(Dataset entries)
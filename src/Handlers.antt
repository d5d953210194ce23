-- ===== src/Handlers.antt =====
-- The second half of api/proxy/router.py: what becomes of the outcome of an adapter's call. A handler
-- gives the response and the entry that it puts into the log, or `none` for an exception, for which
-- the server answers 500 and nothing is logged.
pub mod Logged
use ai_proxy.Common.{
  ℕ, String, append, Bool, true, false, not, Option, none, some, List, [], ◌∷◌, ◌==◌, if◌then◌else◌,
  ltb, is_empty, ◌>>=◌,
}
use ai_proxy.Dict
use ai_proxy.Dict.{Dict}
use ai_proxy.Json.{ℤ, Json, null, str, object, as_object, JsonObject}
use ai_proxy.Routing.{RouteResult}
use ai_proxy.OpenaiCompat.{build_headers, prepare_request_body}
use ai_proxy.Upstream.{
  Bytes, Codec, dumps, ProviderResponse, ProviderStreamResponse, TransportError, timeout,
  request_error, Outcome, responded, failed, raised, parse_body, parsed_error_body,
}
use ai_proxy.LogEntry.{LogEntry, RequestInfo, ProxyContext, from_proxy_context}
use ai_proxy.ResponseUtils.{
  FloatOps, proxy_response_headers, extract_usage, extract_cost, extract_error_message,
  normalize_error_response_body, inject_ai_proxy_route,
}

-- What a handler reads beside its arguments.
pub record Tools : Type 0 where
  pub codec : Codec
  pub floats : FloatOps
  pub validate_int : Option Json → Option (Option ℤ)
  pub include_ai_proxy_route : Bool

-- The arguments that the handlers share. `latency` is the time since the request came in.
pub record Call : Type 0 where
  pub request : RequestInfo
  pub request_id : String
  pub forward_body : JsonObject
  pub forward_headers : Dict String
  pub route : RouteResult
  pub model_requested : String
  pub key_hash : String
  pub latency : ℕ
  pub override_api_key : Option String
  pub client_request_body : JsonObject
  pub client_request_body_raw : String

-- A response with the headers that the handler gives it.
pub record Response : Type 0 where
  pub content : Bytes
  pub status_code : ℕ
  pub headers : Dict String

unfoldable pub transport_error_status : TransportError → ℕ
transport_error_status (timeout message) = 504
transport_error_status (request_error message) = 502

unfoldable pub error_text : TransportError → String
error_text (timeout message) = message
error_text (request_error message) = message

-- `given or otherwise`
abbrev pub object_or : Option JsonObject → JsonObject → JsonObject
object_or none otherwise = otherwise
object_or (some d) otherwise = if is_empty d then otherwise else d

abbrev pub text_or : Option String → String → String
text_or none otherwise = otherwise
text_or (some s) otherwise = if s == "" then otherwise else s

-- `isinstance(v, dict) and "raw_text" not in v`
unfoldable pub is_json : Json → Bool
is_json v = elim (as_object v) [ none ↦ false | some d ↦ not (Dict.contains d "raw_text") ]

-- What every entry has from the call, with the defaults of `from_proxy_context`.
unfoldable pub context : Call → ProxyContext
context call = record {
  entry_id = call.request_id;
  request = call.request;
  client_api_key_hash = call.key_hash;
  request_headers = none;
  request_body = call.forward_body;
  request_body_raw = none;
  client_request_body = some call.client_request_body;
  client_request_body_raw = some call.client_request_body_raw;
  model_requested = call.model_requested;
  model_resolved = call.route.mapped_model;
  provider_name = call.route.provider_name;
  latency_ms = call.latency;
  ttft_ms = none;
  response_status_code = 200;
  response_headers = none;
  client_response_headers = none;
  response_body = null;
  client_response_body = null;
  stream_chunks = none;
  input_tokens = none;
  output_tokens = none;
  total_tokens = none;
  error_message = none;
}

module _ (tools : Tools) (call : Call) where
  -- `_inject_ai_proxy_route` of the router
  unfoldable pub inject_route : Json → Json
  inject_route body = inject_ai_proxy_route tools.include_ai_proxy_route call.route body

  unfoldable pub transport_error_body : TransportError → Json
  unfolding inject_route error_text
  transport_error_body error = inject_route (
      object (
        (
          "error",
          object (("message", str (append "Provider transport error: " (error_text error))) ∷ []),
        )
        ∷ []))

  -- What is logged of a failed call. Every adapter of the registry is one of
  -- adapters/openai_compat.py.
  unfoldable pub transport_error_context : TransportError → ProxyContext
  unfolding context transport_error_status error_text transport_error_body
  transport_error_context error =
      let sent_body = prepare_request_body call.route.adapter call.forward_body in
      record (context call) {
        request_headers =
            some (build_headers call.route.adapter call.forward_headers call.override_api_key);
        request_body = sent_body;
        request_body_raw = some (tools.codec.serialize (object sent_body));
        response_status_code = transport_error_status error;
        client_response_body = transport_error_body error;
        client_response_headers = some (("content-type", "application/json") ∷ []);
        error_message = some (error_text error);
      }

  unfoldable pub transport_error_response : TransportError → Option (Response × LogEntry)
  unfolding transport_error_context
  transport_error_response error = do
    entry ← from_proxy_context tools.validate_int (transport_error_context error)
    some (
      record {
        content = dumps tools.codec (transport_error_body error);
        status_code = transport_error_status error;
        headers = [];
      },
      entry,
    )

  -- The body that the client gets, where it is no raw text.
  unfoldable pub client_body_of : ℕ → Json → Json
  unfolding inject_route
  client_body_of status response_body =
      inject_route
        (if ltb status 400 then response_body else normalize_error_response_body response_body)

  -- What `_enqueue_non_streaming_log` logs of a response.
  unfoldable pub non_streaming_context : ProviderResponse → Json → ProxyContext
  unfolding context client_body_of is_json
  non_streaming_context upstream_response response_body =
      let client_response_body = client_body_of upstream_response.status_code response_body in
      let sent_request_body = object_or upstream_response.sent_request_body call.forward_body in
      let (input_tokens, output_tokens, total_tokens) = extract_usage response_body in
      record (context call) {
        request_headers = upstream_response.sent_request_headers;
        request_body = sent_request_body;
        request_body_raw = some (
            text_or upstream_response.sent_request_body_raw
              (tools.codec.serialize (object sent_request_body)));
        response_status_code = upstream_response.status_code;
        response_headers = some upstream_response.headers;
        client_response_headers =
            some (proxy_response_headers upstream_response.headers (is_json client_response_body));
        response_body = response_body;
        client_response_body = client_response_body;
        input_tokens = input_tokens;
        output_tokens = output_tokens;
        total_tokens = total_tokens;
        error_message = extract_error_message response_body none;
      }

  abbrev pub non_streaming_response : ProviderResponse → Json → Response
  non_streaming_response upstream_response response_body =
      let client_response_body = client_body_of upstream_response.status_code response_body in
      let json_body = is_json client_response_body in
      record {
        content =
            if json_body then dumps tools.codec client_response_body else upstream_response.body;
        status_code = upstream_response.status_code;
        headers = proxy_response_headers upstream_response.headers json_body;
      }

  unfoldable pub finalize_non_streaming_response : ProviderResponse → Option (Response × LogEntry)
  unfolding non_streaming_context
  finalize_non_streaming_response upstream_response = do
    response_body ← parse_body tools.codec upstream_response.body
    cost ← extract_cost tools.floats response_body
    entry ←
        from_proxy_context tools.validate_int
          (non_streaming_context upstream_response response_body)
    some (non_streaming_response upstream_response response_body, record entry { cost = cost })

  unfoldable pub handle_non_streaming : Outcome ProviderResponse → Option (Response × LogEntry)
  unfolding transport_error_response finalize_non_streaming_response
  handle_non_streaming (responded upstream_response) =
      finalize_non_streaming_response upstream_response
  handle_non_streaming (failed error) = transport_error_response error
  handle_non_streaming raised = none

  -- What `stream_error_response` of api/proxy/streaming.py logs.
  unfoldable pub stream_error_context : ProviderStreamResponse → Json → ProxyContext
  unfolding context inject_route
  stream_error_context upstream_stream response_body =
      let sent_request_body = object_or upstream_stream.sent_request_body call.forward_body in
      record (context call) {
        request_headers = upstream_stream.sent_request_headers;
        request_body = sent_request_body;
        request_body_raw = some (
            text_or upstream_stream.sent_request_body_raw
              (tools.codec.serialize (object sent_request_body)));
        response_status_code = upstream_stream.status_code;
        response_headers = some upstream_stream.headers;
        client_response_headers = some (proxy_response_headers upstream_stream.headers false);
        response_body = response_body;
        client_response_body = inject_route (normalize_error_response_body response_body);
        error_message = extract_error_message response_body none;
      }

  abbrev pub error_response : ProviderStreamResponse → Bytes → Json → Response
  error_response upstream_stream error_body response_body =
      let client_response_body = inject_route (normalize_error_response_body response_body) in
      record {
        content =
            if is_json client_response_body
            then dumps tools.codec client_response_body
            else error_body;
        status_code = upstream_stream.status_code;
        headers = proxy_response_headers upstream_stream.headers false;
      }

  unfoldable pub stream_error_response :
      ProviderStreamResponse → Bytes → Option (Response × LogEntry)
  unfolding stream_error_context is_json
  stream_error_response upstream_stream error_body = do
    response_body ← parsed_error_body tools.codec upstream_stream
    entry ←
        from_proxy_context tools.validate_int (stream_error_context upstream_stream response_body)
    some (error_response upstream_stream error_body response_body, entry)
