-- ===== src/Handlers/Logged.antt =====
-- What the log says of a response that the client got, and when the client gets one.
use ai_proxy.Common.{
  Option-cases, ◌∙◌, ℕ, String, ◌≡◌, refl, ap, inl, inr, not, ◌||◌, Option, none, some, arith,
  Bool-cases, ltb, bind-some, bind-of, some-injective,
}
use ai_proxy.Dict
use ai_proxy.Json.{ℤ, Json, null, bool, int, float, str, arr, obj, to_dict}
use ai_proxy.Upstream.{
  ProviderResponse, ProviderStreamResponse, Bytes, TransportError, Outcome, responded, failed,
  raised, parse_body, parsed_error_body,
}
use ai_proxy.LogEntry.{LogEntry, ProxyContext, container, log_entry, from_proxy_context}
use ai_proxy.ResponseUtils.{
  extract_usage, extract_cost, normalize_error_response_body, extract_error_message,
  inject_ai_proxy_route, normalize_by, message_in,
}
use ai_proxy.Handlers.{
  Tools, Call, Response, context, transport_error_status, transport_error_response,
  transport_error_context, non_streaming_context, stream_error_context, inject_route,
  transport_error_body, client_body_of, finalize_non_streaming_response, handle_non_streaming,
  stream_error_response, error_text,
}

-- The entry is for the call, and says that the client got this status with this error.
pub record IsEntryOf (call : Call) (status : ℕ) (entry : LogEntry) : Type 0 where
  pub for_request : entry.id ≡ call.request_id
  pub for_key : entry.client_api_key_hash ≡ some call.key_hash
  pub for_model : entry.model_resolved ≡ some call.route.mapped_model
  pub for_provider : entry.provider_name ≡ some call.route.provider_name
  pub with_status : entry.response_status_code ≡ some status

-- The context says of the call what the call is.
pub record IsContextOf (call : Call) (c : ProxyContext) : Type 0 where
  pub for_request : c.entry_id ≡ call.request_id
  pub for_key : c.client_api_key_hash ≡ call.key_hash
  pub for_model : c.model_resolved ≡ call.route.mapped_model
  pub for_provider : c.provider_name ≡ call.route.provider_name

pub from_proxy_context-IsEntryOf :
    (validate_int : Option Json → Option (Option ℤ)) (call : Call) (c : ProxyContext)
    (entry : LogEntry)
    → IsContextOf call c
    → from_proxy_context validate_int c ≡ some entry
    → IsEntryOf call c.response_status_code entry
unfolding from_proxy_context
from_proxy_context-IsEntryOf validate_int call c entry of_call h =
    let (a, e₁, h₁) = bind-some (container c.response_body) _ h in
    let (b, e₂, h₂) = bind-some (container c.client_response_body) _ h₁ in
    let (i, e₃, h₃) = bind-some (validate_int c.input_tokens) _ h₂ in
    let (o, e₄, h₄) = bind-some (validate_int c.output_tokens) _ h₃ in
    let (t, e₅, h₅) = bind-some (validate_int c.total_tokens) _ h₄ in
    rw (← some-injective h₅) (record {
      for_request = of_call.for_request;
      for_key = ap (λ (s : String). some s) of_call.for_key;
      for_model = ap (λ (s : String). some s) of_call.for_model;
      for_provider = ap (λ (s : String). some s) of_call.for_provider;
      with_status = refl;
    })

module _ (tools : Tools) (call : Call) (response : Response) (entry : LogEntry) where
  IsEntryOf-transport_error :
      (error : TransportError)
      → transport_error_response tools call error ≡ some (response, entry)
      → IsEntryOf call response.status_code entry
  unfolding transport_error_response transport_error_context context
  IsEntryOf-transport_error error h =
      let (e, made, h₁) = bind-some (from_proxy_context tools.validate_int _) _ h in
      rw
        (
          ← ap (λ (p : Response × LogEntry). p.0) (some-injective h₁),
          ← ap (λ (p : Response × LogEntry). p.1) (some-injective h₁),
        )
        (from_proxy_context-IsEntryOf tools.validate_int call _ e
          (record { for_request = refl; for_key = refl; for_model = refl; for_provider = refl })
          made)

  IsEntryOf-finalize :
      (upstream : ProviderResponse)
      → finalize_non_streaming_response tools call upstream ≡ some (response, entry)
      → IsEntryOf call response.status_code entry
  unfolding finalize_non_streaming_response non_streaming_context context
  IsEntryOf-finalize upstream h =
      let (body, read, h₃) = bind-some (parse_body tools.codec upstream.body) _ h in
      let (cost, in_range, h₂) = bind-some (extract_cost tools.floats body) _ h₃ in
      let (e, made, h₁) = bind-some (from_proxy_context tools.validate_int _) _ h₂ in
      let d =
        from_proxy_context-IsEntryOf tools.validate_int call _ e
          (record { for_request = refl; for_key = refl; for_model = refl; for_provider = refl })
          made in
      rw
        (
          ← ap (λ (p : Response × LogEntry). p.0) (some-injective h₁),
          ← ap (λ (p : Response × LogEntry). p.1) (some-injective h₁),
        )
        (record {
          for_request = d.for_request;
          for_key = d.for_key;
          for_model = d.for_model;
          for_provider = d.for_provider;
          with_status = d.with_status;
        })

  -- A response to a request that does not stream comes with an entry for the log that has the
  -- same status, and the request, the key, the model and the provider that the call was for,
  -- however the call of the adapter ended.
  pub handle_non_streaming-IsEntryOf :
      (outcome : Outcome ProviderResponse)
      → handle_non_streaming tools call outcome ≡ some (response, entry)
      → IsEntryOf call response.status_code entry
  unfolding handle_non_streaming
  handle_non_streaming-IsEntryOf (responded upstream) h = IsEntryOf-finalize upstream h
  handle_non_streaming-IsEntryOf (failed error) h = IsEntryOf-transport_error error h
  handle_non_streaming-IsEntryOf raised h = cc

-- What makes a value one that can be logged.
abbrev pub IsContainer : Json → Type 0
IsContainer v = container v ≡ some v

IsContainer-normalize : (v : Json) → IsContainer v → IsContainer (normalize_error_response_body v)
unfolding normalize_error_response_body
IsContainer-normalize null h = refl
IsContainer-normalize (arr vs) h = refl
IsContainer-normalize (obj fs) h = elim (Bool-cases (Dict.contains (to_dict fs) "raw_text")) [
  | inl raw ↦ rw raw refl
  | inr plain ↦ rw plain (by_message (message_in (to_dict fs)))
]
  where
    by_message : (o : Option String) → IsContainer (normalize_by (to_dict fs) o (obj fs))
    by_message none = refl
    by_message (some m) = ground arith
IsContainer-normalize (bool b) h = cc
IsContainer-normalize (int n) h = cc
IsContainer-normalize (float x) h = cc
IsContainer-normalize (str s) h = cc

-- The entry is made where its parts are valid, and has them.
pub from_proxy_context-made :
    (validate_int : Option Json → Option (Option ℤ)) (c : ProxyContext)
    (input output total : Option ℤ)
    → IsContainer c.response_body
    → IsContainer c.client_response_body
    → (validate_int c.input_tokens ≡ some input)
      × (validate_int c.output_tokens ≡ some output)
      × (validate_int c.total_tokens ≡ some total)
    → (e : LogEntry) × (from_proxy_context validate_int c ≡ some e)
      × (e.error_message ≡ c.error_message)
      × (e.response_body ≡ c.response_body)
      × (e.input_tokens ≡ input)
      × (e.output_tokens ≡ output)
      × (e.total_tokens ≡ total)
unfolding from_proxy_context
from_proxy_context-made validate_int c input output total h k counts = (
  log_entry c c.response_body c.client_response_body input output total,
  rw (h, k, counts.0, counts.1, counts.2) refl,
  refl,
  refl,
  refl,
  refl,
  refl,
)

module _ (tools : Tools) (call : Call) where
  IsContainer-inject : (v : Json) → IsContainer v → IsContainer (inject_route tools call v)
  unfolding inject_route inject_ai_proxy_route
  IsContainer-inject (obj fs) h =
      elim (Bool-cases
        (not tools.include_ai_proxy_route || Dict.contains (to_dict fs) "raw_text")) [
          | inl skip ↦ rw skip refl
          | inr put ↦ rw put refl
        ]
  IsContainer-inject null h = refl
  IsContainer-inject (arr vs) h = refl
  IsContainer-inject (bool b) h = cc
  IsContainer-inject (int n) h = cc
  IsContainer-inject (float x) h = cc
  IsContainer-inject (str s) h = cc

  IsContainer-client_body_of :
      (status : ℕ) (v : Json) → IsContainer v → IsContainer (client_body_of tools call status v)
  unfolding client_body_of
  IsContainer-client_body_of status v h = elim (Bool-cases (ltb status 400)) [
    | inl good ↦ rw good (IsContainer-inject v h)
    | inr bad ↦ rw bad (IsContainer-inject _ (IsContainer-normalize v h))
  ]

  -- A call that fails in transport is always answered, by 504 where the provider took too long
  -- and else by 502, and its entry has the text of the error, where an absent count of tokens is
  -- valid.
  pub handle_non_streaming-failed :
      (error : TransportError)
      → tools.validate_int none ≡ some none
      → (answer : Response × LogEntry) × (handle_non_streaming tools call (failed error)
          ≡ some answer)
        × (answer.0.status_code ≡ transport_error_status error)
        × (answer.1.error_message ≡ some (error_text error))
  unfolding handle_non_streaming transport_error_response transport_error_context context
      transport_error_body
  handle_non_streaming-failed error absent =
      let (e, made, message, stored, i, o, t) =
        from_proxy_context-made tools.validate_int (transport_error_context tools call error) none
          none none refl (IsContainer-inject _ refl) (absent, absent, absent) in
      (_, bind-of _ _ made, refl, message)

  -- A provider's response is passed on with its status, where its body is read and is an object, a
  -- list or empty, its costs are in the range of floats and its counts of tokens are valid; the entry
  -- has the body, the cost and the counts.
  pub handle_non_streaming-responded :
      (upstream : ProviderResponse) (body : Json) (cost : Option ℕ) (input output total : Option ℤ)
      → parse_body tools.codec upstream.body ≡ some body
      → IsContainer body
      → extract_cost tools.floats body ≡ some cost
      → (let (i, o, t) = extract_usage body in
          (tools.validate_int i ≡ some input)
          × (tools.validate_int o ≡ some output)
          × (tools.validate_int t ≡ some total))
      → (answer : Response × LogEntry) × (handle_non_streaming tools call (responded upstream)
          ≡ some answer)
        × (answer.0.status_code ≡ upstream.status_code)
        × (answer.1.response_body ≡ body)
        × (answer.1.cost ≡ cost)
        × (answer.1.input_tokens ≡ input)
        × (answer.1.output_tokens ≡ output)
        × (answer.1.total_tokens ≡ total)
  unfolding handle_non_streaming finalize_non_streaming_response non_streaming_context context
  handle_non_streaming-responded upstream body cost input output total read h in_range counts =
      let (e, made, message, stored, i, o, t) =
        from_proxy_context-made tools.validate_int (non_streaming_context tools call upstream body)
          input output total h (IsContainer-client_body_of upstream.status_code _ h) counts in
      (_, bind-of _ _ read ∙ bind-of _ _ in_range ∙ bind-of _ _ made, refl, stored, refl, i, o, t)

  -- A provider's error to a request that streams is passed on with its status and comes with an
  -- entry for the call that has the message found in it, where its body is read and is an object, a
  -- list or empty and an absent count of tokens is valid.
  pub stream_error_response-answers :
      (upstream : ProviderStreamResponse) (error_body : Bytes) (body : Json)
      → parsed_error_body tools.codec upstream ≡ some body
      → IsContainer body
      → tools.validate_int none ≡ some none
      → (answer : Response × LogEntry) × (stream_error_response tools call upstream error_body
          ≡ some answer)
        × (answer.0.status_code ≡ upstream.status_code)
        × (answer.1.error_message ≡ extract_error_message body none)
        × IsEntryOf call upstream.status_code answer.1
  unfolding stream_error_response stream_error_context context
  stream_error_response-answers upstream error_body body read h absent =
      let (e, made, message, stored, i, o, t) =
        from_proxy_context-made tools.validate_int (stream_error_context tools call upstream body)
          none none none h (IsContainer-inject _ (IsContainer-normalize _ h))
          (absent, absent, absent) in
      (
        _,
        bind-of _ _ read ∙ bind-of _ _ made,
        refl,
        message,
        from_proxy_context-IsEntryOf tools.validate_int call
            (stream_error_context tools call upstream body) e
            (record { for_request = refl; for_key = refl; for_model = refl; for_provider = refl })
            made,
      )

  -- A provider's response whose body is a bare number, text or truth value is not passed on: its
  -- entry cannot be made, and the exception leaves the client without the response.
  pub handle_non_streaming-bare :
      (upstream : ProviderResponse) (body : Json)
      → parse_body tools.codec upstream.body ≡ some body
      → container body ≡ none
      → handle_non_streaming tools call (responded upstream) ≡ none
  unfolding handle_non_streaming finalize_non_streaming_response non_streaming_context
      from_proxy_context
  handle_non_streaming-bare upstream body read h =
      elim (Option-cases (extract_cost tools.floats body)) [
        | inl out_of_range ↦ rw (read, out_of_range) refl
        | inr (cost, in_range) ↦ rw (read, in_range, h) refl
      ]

▶ [WORK REQUIRED] Match on "ProviderStreamResponse" and copy out every line of the entries that contains it.

▶ [EXERCISE OUTPUT]
  Bytes, Codec, dumps, ProviderResponse, ProviderStreamResponse, TransportError, timeout,
  unfoldable pub stream_error_context : ProviderStreamResponse → Json → ProxyContext
  abbrev pub error_response : ProviderStreamResponse → Bytes → Json → Response
      ProviderStreamResponse → Bytes → Option (Response × LogEntry)
  ProviderResponse, ProviderStreamResponse, Bytes, TransportError, Outcome, responded, failed,
      (upstream : ProviderStreamResponse) (error_body : Bytes) (body : Json)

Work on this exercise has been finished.